Noise and measurement inaccuracy $(ϵ_{i + 1}, ϵ_{i})$

Ignorance of the real features of the system $(g)$

Ignorance of the effects of the real operations $(f, \hat{f})$

To create a precise prediction of future system states, the goal of an engineer is to select $\hat{f}$ so that $Δ_{i + 1} \to 0$ . Deviations between prediction and measurement are the result of the following reasons:

Noise in measurements results in distorted predictions of the system

Ignorance of the real $J$ features of the system

Ignorance of the effects of the real operation $f$ regarding:

(a) Observable features

(b) Unobservable features

Complexity of the model and limitation of the model due to computational power. Therefore, not all effects on the observable features are precisely modeled

Reason 4 is an additional explanation to reason 1–3 since even if reason 1–3 could be solved, limitations due to computational power still apply and decrease the precision of the predictions and result in noteworthy discrepancies of the expected state and the measured state. Therefore, reason 4 is more of a technical expansion of reason 1–3.

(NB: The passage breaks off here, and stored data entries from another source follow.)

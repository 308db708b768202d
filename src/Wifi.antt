-- ===== src/Wifi.antt =====
-- foris_controller_modules/wifi/handlers/mock.py: the devices and their update. A request enables a
-- device with its settings, which the schema requires, or disables it.
pub mod Laws
mod Tests
use Prim.Native.Nat.{compare, Ordering}
use foris_controller.Prelude.{
  ℕ, String, ◌==◌, Bool, true, false, ◌&&◌, ◌||◌, Option, none, some, List, [], ◌∷◌, any, filter,
  if◌then◌else◌,
}

abbrev pub same : ℕ → ℕ → Bool
same a b = elim (compare a b) [ Ordering.eq ↦ true | _ ↦ false ]

pub record Channel : Type 0 where
  pub number : ℕ
  pub frequency : ℕ
  pub radar : Bool

pub record Band : Type 0 where
  pub hwmode : String
  pub available_htmodes : List String
  pub available_channels : List Channel

pub record GuestWifi : Type 0 where
  pub enabled : Bool
  pub ssid : String
  pub password : String
  pub encryption : String

pub record Device : Type 0 where
  pub id : ℕ
  pub enabled : Bool
  pub ssid : String
  pub hidden : Bool
  pub channel : ℕ
  pub htmode : String
  pub hwmode : String
  pub encryption : String
  pub ieee80211w_disabled : Option Bool
  pub password : String
  pub guest_wifi : GuestWifi
  pub available_bands : List Band

-- guest_wifi of the request is `none` when it is not enabled.
pub record Wanted : Type 0 where
  pub ssid : String
  pub hidden : Bool
  pub channel : ℕ
  pub htmode : String
  pub hwmode : String
  pub encryption : Option String
  pub ieee80211w_disabled : Option Bool
  pub password : String
  pub guest_wifi : Option GuestWifi

pub record Update : Type 0 where
  pub id : ℕ
  -- `none`: disabled
  pub wanted : Option Wanted

abbrev pub band_allows : ℕ → String → List Band → Bool
band_allows channel htmode (band ∷ []) =
    (any (λ c. same c.number channel) band.available_channels || same channel 0)
    && any (λ m. m == htmode) band.available_htmodes
band_allows channel htmode _ = false

-- The one corresponding band, its channels and its htmodes.
unfoldable pub allowed : String → ℕ → String → List Band → Bool
allowed hwmode channel htmode bands =
    band_allows channel htmode (filter (λ band. band.hwmode == hwmode) bands)

abbrev pub guest_of : GuestWifi → Option GuestWifi → GuestWifi
guest_of old none = record old { enabled = false }
guest_of old (some guest) = guest

abbrev pub with_settings : Wanted → String → Device → Device
with_settings w encryption dev = record dev {
  enabled = true;
  ssid = w.ssid;
  hidden = w.hidden;
  channel = w.channel;
  htmode = w.htmode;
  hwmode = w.hwmode;
  encryption = encryption;
}

abbrev pub with_secrets : Wanted → Option Bool → Device → Device
with_secrets w disabled dev = record dev {
  ieee80211w_disabled = disabled;
  password = w.password;
  guest_wifi = guest_of dev.guest_wifi w.guest_wifi;
}

-- By the encryption: without one, the default is stored, and then the device is refused.
abbrev pub store_settings : Wanted → Option String → Device → Bool × Device
store_settings w none dev = (false, with_settings w "WPA2/3" dev)
store_settings w (some e) dev =
    let stored = with_settings w e dev in
    if e == "WPA2/3" || e == "WPA3"
    then (true, with_secrets w w.ieee80211w_disabled stored)
    else if e == "WPA2"
    then (true, with_secrets w (some false) stored)
    else (false, stored)

-- What _update_device makes of the device that it has found.
unfoldable pub set_device : Option Wanted → Device → Bool × Device
set_device none dev = (true, record dev { enabled = false })
set_device (some w) dev = elim (allowed w.hwmode w.channel w.htmode dev.available_bands) [
  | false ↦ (false, record dev { enabled = true })
  | true ↦ store_settings w w.encryption dev
]

-- The last device with the id.
unfoldable pub update_device : Update → List Device → Bool × List Device
update_device new [] = (false, [])
update_device new (dev ∷ devices) =
    let (done, rest) = update_device new devices in
    let (set, changed) = set_device new.wanted dev in
    if any (λ d. same new.id d.id) devices
    then (done, dev ∷ rest)
    else if same new.id dev.id
    then (set, changed ∷ devices)
    else (false, dev ∷ devices)

-- for device in new_settings["devices"], until one is refused
unfoldable pub update_devices : List Update → List Device → Bool × List Device
update_devices [] devices = (true, devices)
update_devices (new ∷ news) devices =
    let (done, changed) = update_device new devices in
    let rest = update_devices news changed in if done then rest else (false, changed)

unfoldable pub update_settings : List Update → List Device → Bool × List Device
update_settings news devices =
    let (done, changed) = update_devices news devices in
    if done then (true, changed) else (false, devices)
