-- ===== src/Microfinance/Requests.antt =====
-- The requests that change an institution's books (microfinance/mf_app/api/v1/endpoints/savings.py
-- and loans.py), and a run of them: each is handled in the session that the one before has left.
pub mod Sound
pub mod Overdraft
pub mod Lifecycle
use eminidatabase.Base.{ℕ, Option, List, [], ◌∷◌}
use eminidatabase.Base.Int.{ℤ}
use eminidatabase.Base.Action.{Action, ◌>>=◌, ◌>>◌, pure}
use eminidatabase.Microfinance.Tenant.{Session, Tx, Date}
use eminidatabase.Microfinance.Rbac.{StaffRole}
use eminidatabase.Microfinance.Savings.{open_account, deposit_endpoint, withdraw_endpoint}
use eminidatabase.Microfinance.Loans.Endpoints.{
  create_loan_application, submit_loan, approve_loan_endpoint, reject_loan_endpoint,
  disburse_loan_endpoint, repay_loan_endpoint,
}

pub data Request : Type 0 where
  open_savings : (customer_id product_id : ℕ) → ℤ → Option ℕ → Request
  deposit withdraw : ℕ → ℤ → ℕ → Request
  apply_for_loan : (customer_id product_id : ℕ) → ℤ → ℕ → Request
  submit : ℕ → Request
  approve : (i now : ℕ) → Request
  reject : (i reason : ℕ) → Request
  disburse : (i key : ℕ) → Date → ℕ → Request
  repay : ℕ → ℤ → (key now : ℕ) → Request

-- The router: the endpoint that serves a request of the member of staff `staff_id`.
unfoldable pub handle : StaffRole → (staff_id : ℕ) → Request → Tx (Unit {0})
handle role staff_id (open_savings customer_id product_id amount key) =
    open_account role customer_id product_id amount key >> pure tt
handle role staff_id (deposit i amount key) = deposit_endpoint role i amount key >> pure tt
handle role staff_id (withdraw i amount key) = withdraw_endpoint role i amount key >> pure tt
handle role staff_id (apply_for_loan customer_id product_id principal term_months) =
    create_loan_application role customer_id product_id principal term_months >> pure tt
handle role staff_id (submit i) = submit_loan role i
handle role staff_id (approve i now) = approve_loan_endpoint role i staff_id now
handle role staff_id (reject i reason) = reject_loan_endpoint role i staff_id reason
handle role staff_id (disburse i key today now) = disburse_loan_endpoint role i key today now
handle role staff_id (repay i amount key now) = repay_loan_endpoint role i amount key now >> pure tt

-- A request with the member of staff who makes it.
pub record Call : Type 0 where
  pub role : StaffRole
  pub staff_id : ℕ
  pub request : Request

unfoldable pub run : List Call → Session → Session
unfolding handle
run [] s = s
run (c ∷ cs) s = run cs (handle c.role c.staff_id c.request s).1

These items describe the reasons for unexpected states despite extensive simulations and knowledge of the system. This raises the question of how these influences can be incorporated into a model. Most notably the Kalman filter enables a correction of predictions, which improves the predictions and state estimations without bias. However, the Kalman filter offers no applicable metric in measuring and comparing the performance of two models and evaluating how inaccurate a model is from the real states. Therefore, it becomes an important task not only to correct the prediction but also to spot the anomalous behavior of a prediction, that is, in which cases the prediction is more inaccurate than in other cases and to define a measure to evaluate the precision or anomalous behavior of the prediction. This evaluation is set up by viewing the occurring deviations from the prediction as a distribution and comparing this distribution with sample distributions only affected by noise and not the ignorance of the real features and operations.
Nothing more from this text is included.